Task brief -> Among the lines below, how many have the string "done" in them? Only the number is wanted.

####################

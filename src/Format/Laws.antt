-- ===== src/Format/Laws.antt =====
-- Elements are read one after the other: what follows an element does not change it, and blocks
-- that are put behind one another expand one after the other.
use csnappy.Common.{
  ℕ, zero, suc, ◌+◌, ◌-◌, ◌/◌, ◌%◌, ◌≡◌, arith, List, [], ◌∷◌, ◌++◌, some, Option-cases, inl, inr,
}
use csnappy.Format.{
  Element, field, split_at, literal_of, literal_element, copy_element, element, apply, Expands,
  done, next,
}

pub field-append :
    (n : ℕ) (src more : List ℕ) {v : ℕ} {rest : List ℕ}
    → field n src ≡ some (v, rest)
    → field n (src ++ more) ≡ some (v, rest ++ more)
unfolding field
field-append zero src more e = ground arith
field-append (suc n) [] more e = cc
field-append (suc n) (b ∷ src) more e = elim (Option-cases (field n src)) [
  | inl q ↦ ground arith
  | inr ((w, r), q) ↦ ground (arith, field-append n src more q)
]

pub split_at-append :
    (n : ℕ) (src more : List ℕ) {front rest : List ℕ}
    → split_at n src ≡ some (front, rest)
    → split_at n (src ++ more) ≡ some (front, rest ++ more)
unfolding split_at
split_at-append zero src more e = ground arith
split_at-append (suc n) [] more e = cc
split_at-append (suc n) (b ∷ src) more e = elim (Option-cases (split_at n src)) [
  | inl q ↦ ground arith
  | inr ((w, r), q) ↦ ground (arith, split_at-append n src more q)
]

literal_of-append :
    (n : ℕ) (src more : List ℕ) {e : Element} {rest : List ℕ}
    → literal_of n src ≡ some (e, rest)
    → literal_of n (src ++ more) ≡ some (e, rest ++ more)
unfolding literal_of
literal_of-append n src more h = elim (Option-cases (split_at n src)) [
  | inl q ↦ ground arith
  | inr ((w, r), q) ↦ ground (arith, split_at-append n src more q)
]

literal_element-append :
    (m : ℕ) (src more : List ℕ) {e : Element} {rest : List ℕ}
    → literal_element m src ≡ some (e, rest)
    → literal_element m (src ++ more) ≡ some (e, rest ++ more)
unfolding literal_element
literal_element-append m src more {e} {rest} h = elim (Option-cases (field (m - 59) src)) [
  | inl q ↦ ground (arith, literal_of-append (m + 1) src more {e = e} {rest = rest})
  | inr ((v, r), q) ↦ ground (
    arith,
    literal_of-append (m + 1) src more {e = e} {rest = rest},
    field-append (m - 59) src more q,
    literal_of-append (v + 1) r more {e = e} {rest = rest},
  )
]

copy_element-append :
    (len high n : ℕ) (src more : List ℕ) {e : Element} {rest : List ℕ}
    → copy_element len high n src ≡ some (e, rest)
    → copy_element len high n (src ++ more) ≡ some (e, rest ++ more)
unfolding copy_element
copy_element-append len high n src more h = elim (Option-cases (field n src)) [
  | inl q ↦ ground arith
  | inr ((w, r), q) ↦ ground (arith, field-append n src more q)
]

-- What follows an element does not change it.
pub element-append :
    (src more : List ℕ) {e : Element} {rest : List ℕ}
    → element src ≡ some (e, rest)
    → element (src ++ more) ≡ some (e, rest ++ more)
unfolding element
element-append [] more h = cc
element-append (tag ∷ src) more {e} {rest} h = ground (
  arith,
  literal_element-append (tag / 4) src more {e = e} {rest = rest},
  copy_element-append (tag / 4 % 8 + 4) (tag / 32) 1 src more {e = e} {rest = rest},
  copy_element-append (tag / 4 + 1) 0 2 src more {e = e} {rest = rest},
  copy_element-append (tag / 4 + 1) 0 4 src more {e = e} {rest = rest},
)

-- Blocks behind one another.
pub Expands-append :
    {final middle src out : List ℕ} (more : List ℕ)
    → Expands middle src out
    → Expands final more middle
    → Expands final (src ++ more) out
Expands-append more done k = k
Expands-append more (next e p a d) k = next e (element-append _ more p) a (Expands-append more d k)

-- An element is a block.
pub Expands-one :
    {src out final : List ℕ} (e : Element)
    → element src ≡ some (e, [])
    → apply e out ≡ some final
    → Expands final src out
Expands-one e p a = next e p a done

####################

Output for this exercise -> 3